▶ **Activity**
Every entry below needs to be repeated exactly.

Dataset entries
Start of Block

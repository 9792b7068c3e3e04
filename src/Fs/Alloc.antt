-- ===== src/Fs/Alloc.antt =====
-- balloc of src/fs.c in an open transaction, against the bitmap that is seen on the disk.
use pinky_os.Prelude.{ℕ, ◌+◌, ◌%◌, ◌<◌, ◌≡◌, ap, Bool, true, false, Option, none, some, replicate}
use pinky_os.Outcome.{Outcome, ok, panic, waits, ◌>>=◌}
use pinky_os.Ide.{Block, Disk}
use pinky_os.Bio.{Store, bread, brelse}
use pinky_os.Bio.Rewrite.{overlay}
use pinky_os.Fs.{
  release_block, Fs, Super, super_of, readsb, bits_per_block, bitmap_block, bit_at, set_bit,
  take_bit, balloc_from,
}
use pinky_os.Fs.Transact.{After}

-- Whether block b is marked in use in the bitmap that is seen.
abbrev pub marked : (ℕ → Block) → (ninodes b : ℕ) → Bool
marked view ninodes b = bit_at (view (bitmap_block b ninodes)) (b % bits_per_block)

-- What is seen once block b is marked and zeroed.
abbrev pub taken : (ℕ → Block) → (ninodes b : ℕ) → ℕ → Block
taken view ninodes b =
    let m = bitmap_block b ninodes in
    overlay (overlay view m (set_bit (view m) (b % bits_per_block))) b (replicate 512 0)

-- What comes of `balloc`.
abbrev pub Allocates : Disk → Fs → Super → (ℕ → Block) → Outcome (ℕ × Fs) → Type 0
Allocates d0 fs sb view (ok (b, fs')) =
    (b < sb.size) × (marked view sb.ninodes b ≡ false) × After d0 fs 2 (taken view sb.ninodes b) fs'
Allocates d0 fs sb view (panic m) = (b : ℕ) → b < sb.size → marked view sb.ninodes b ≡ true
Allocates d0 fs sb view waits = ⊥

-- The bitmap lies below the log, and marks the blocks of the log.
pub record Laid (start : ℕ) (sb : Super) (view : ℕ → Block) : Type 0 where
  pub bitmap : (b : ℕ) → b < sb.size → bitmap_block b sb.ninodes < start
  pub unmarked : (b : ℕ) → b < sb.size → marked view sb.ninodes b ≡ false → b < start

abbrev pub on : Fs → Store → Fs
on fs s = record fs { store = s }

-- One round of `balloc`, with and without a clear bit.
module _ (fs : Fs) (sb : Super) (s s' : Store) (b i n : ℕ)
    (e : bread s 1 (bitmap_block b sb.ninodes) ≡ ok (i, s')) where
  abbrev after : Option ℕ → Outcome (ℕ × Fs)
  after o = elim o [
    | some bi ↦ take_bit (on fs s') 1 b i bi
    | none ↦ release_block (on fs s') i >>= λ fs. balloc_from fs 1 sb (b + bits_per_block) n
  ]

pub readsb_is :
    (fs : Fs) (i : ℕ) (s t : Store)
    → bread fs.store 1 1 ≡ ok (i, s)
    → brelse s i ≡ ok t
    → readsb fs 1 ≡ ok (super_of (s.buf i).bytes, on fs t)
unfolding readsb
readsb_is fs i s t e r = rw e (
    ap
      (λ (o : Outcome Store). (o >>= λ s. ok (on fs s)) >>= λ fs. ok (super_of (s.buf i).bytes, fs))
      r)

End of Block

▶ **Solution to this task**
repository 9792b7068c3e3e04
filename src/Fs/Alloc.antt
-- ===== src/Fs/Alloc.antt =====
-- balloc of src/fs.c in an open transaction, against the bitmap that is seen on the disk.
use pinky_os.Prelude.{ℕ, ◌+◌, ◌%◌, ◌<◌, ◌≡◌, ap, Bool, true, false, Option, none, some, replicate}
use pinky_os.Outcome.{Outcome, ok, panic, waits, ◌>>=◌}
use pinky_os.Ide.{Block, Disk}
use pinky_os.Bio.{Store, bread, brelse}
use pinky_os.Bio.Rewrite.{overlay}
use pinky_os.Fs.{
  release_block, Fs, Super, super_of, readsb, bits_per_block, bitmap_block, bit_at, set_bit,
  take_bit, balloc_from,
}
use pinky_os.Fs.Transact.{After}

-- Whether block b is marked in use in the bitmap that is seen.
abbrev pub marked : (ℕ → Block) → (ninodes b : ℕ) → Bool
marked view ninodes b = bit_at (view (bitmap_block b ninodes)) (b % bits_per_block)

-- What is seen once block b is marked and zeroed.
abbrev pub taken : (ℕ → Block) → (ninodes b : ℕ) → ℕ → Block
taken view ninodes b =
    let m = bitmap_block b ninodes in
    overlay (overlay view m (set_bit (view m) (b % bits_per_block))) b (replicate 512 0)

-- What comes of `balloc`.
abbrev pub Allocates : Disk → Fs → Super → (ℕ → Block) → Outcome (ℕ × Fs) → Type 0
Allocates d0 fs sb view (ok (b, fs')) =
    (b < sb.size) × (marked view sb.ninodes b ≡ false) × After d0 fs 2 (taken view sb.ninodes b) fs'
Allocates d0 fs sb view (panic m) = (b : ℕ) → b < sb.size → marked view sb.ninodes b ≡ true
Allocates d0 fs sb view waits = ⊥

-- The bitmap lies below the log, and marks the blocks of the log.
pub record Laid (start : ℕ) (sb : Super) (view : ℕ → Block) : Type 0 where
  pub bitmap : (b : ℕ) → b < sb.size → bitmap_block b sb.ninodes < start
  pub unmarked : (b : ℕ) → b < sb.size → marked view sb.ninodes b ≡ false → b < start

abbrev pub on : Fs → Store → Fs
on fs s = record fs { store = s }

-- One round of `balloc`, with and without a clear bit.
module _ (fs : Fs) (sb : Super) (s s' : Store) (b i n : ℕ)
    (e : bread s 1 (bitmap_block b sb.ninodes) ≡ ok (i, s')) where
  abbrev after : Option ℕ → Outcome (ℕ × Fs)
  after o = elim o [
    | some bi ↦ take_bit (on fs s') 1 b i bi
    | none ↦ release_block (on fs s') i >>= λ fs. balloc_from fs 1 sb (b + bits_per_block) n
  ]

pub readsb_is :
    (fs : Fs) (i : ℕ) (s t : Store)
    → bread fs.store 1 1 ≡ ok (i, s)
    → brelse s i ≡ ok t
    → readsb fs 1 ≡ ok (super_of (s.buf i).bytes, on fs t)
unfolding readsb
readsb_is fs i s t e r = rw e (
    ap
      (λ (o : Outcome Store). (o >>= λ s. ok (on fs s)) >>= λ fs. ok (super_of (s.buf i).bytes, fs))
      r)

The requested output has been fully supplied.